As a result, svmA @, swhl is small, and the distortion component of the current flowing through
the voice coil is small. In addition, since the magnetic flux obtained by the above equation (5) is
actually focused on the center ball via another magnetic path, it is larger than the value obtained
by the equation (5), (6) Saturation is sufficient if B 'of the formula and BQ of the material are
approximately equal.
By the way, in the embodiment shown in the second drawing, as a specific example, 7%
permalloy (, 71% Ni 7 residual Fe, Mo) in the pole piece portion of the center pole. Using Coetc),
this effect is classified as first class strain resistance, and compared with the conventional Subei
in Figure 1 as shown in the graph of the characteristics in Figure 5. I got The admittance curve of
the ponne coil of the graph is the in of the voice coil. It supports the decrease of the inductance
L. Also, the harmonic distortion curve clearly shows that the present invention is improved as
compared to the prior art.
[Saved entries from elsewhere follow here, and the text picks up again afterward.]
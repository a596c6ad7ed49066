-- ===== src/Messages.antt =====
-- src/bridge.rs: what a message, its deletion and typing on Discord become on Matrix.
pub mod Store
pub mod Sent
pub mod Sending
pub mod Relay
pub mod Deletion
pub mod Tests
use Prim.Native.String
use matrix_bridge_discord.Prelude.{
  ℕ, List, [], ◌∷◌, ◌*◌, String, Bool, true, false, not, Option, none, some, if◌then◌else◌, Result,
  ok, err, ◌==◌, ltb, is_nil,
}
use matrix_bridge_discord.Text.{is_empty, starts_with}
use matrix_bridge_discord.Formatting.{apply_pattern_string}
use matrix_bridge_discord.BridgeLogic.{
  RoomMapping, MessageMapping, RedactionRequest, TypingRequest, apply_message_relation_mappings,
  discord_delete_redaction_request, build_discord_typing_request, should_forward_discord_typing,
}
use matrix_bridge_discord.MessageFlow.{
  OutboundMatrixMessage, DiscordInboundMessage, discord_to_matrix, render_body,
}
use matrix_bridge_discord.Rooms.Store.{RoomStore}
use matrix_bridge_discord.Rooms.Tasks.{
  Call, redact_message, ensure_ghost_user_registered, set_discord_user_typing, get_user, download,
  upload_media, send_message_with_metadata, send_media_message, Outside, DiscordUser, MediaInfo,
  World, Task, give, ◌>>=◌, ◌>>◌, query, execute, call, attempt, perform, clock,
}
use matrix_bridge_discord.Messages.Store.{MessageStore}

-- The context of a message on Discord: DiscordMessageContext.
pub record DiscordMessageContext : Type 0 where
  pub channel_id : String
  pub source_message_id : Option String
  pub sender_id : String
  pub content : String
  pub attachments : List String
  pub reply_to : Option String
  pub edit_of : Option String
  pub permissions : List String

pub record MessageOptions : Type 0 where
  pub username_pattern : String
  pub disable_typing_notifications : Bool

abbrev pub max_matrix_bytes : ℕ
max_matrix_bytes = 50 * 1024 * 1024

abbrev pub msgtype_of : String → String
msgtype_of content_type =
    if starts_with content_type "image/"
    then "m.image"
    else if starts_with content_type "video/"
    then "m.video"
    else if starts_with content_type "audio/"
    then "m.audio"
    else "m.file"

module _ {S : Type 0} (rooms : RoomStore S) (messages : MessageStore S) (outside : Outside S) where
  abbrev pub send : Call → Task S String
  send c = call c (λ log. outside.sent log c)

  unfoldable pub send_to_matrix_message : String → String → OutboundMatrixMessage → Task S String
  send_to_matrix_message room sender outbound = send (
      send_message_with_metadata room sender (render_body outbound) outbound.reply_to
        outbound.edit_of)

  -- An attachment as text, with what stands before its URL.
  abbrev pub send_url : String → String → String → String → Option String → Task S String
  send_url room sender label url reply_to = send (
      send_message_with_metadata room sender (String.◌++◌ label (String.◌++◌ ": " url)) reply_to
        none)

  abbrev pub send_uploaded :
      String → String → String → MediaInfo → Option String → Result String String → Task S String
  send_uploaded room sender url media reply_to (ok mxc_url) = send (
      send_media_message room sender (msgtype_of media.content_type) media.filename mxc_url
        reply_to)
  send_uploaded room sender url media reply_to (err e) =
      send_url room sender media.filename url reply_to

  abbrev pub upload_and_send : String → String → String → MediaInfo → Option String → Task S String
  upload_and_send room sender url media reply_to = do
    uploaded ← attempt (upload_media media) (λ log. outside.uploaded log media)
    send_uploaded room sender url media reply_to uploaded

  abbrev pub send_attachment_as :
      String → String → String → Option String → Result String MediaInfo → Task S String
  send_attachment_as room sender url reply_to (err e) =
      send_url room sender "Attachment" url reply_to
  send_attachment_as room sender url reply_to (ok media) =
      if ltb max_matrix_bytes media.size
      then send_url room sender media.filename url reply_to
      else upload_and_send room sender url media reply_to

  abbrev pub send_attachment : String → String → Option String → String → Task S String
  send_attachment room sender reply_to url = do
    media ← attempt (download url) (λ log. outside.media log url)
    send_attachment_as room sender url reply_to media

  -- The event that was sent last.
  abbrev pub send_attachments :
      String → String → Option String → Option String → List String → Task S (Option String)
  send_attachments room sender reply_to last [] = give last
  send_attachments room sender reply_to last (url ∷ urls) = do
    event ← send_attachment room sender reply_to url
    send_attachments room sender reply_to (some event) urls

  abbrev pub or_no_message : Option String → Task S String
  or_no_message none w = (err "no message was sent", w)
  or_no_message (some event) w = (ok event, w)

  abbrev pub send_body :
      String → String → OutboundMatrixMessage → Option String → Task S (Option String)
  send_body room sender outbound last = if is_empty outbound.body then give last else do
    event ←
        send
          (send_message_with_metadata room sender outbound.body outbound.reply_to outbound.edit_of)
    give (some event)

  unfoldable pub send_to_matrix_with_attachments :
      String → String → OutboundMatrixMessage → Task S String
  send_to_matrix_with_attachments room sender outbound = do
    attached ← send_attachments room sender outbound.reply_to none outbound.attachments
    last ← send_body room sender outbound attached
    or_no_message last

  -- The link of the message that another refers to, if there is one.
  abbrev pub linked_to : Option String → Task S (Option MessageMapping)
  linked_to none = give none
  linked_to (some id) = query (λ s. messages.get_by_discord_message_id s id)

  abbrev pub send_to_room : RoomMapping → String → OutboundMatrixMessage → Task S String
  send_to_room m sender outbound =
      if not (is_nil outbound.attachments)
      then send_to_matrix_with_attachments m.matrix_room_id sender outbound
      else send_to_matrix_message m.matrix_room_id sender outbound

  abbrev pub link_of : String → String → String → ℕ → MessageMapping
  link_of source room event now = record {
    id = 0;
    discord_message_id = source;
    matrix_room_id = room;
    matrix_event_id = event;
    created_at = now;
    updated_at = now;
  }

  abbrev pub remember_link : Option String → String → String → Task S (Unit {0})
  remember_link none room event = give tt
  remember_link (some source) room event = do
    now ← clock
    execute (λ s. messages.upsert_message_mapping s (link_of source room event now))

  abbrev pub register : MessageOptions → String → Option DiscordUser → Task S (Unit {0})
  register options sender none = perform outside.done (ensure_ghost_user_registered sender none)
  register options sender (some user) = perform outside.done (
      ensure_ghost_user_registered sender (
        some (
          apply_pattern_string options.username_pattern
            (("id", user.id) ∷ ("tag", user.discriminator) ∷ ("username", user.username) ∷ []))))

  module _ (format_for_matrix : String → String) (options : MessageOptions) where
    abbrev pub inbound_of : DiscordMessageContext → DiscordInboundMessage
    inbound_of ctx = record {
      channel_id = ctx.channel_id;
      sender_id = ctx.sender_id;
      content = ctx.content;
      attachments = ctx.attachments;
      reply_to = ctx.reply_to;
      edit_of = ctx.edit_of;
    }

    -- A message that is no command, in a channel that is bridged.
    unfoldable pub relay_discord_message : DiscordMessageContext → RoomMapping → Task S (Unit {0})
    relay_discord_message ctx m = do
      user ← call (get_user ctx.sender_id) (λ log. outside.user log ctx.sender_id)
      register options ctx.sender_id user
      reply_mapping ← linked_to (discord_to_matrix format_for_matrix (inbound_of ctx)).reply_to
      edit_mapping ← linked_to (discord_to_matrix format_for_matrix (inbound_of ctx)).edit_of
      event ← send_to_room m ctx.sender_id (
          apply_message_relation_mappings (discord_to_matrix format_for_matrix (inbound_of ctx))
            reply_mapping edit_mapping)
      remember_link ctx.source_message_id m.matrix_room_id event

    abbrev pub redact : String → Option RedactionRequest → Task S (Unit {0})
    redact id none = give tt
    redact id (some request) = do
      perform outside.done (redact_message request.room_id request.event_id request.reason)
      execute (λ s. messages.delete_by_discord_message_id s id)

    unfoldable pub handle_discord_message_delete : String → Task S (Unit {0})
    handle_discord_message_delete id = do
      link ← query (λ s. messages.get_by_discord_message_id s id)
      redact id (discord_delete_redaction_request link)

    abbrev pub show_typing : TypingRequest → Task S (Unit {0})
    show_typing request = perform outside.done (
        set_discord_user_typing request.room_id request.discord_user_id request.typing
          request.timeout_ms)

    abbrev pub type_in : String → Option RoomMapping → Task S (Unit {0})
    type_in sender none = give tt
    type_in sender (some m) = do
      perform outside.done (ensure_ghost_user_registered sender none)
      show_typing (build_discord_typing_request m.matrix_room_id sender)

    unfoldable pub handle_discord_typing : String → String → Task S (Unit {0})
    handle_discord_typing channel sender = do
      mapping ← query (λ s. rooms.get_room_by_discord_channel s channel)
      if not (should_forward_discord_typing options.disable_typing_notifications mapping)
          then give tt
          else type_in sender mapping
Incidentally, the measurement circuit of this experiment is as shown in
FIG. The measurement conditions are RO> measured point 2, and in addition to the above
embodiment, the voice coil (6) and the entire upper surface of the center port-(2) facing each
other or the yoke plate (4) Alternatively, a material having a once-accumulated flux density equal
to the flux density of that portion may be used. As described above, the present invention can be
easily put into practical use with a partial configuration 11 that does not limit the amplitude of
the voice coil, and can reduce the nonlinearity of the magnetic circuit without reducing the
magnetic flux density of the magnetic circuit cap. If you try to reduce it now, you will have the
effect of making a difference. FIGS. 1 to 3 are a conventional example End page: 3 as a
conventional example and FIG. 3 are cross-sectional views of the main part of a conventional
speaker by distortion improvement. Fig. Q is a cross-sectional view of an essential part showing
an embodiment of the present invention. FIG. S is a graph showing characteristics of the
magnetic circuit according to experimental measurement results, and FIG. 6 is a measurement
circuit diagram. /・・・・・・・・・ヨーク2−0−8−1. −に7. - Bohr 3 ' "6 ......... voice
coil - patent applicant Sony Corporation representative patent attorney Akira Koike EndPage: 4
first 8m6. Other than the above inventor Seta ξ ξ Bay (1) Address Setagaya-ku, Tokyo, Japan 211 8-8 Fukuda 4 power name Fuku 1) Yu procedure correction (voluntary) Showa & Jan. 30, 9th
Secretary of Patent Office 粛Fuji Hide Longitudinal 1, Display of the case-Sum 48 years Patent ai
116 472 No. 2, Title of the invention 2, Name of the invention Magnetism of the electric-toelectricity converter-Path 3, Person who makes correction Related patent applicant 1 Name
representative Akio Morita number 0 agent
, Magnetic circuit of electro-acoustic transducer
6, the date of correction instruction Spontaneous 6, subject of 1111 only subject "−-detailed
description of the invention of the book-Ma", the contents of correction (two 1) on page 11 of the
second line of the specification "gap (5) Correct the ferromagnetism of sI, which forms the Jtr
gap (5). (Two 2) Circular ··· eO loss occurs in line 9 to line 10 of the specification. Jt-1 'jlJ
divide. (Mar. 3) Correct the "conductor Jtr conductor" of the specification, page 3, line 11. (? -1
Correct the 11th "calculation course" on page 2 of the specification into "calculation process". (? 5) The name which corrects as follows the specification of the 9th page 2nd line.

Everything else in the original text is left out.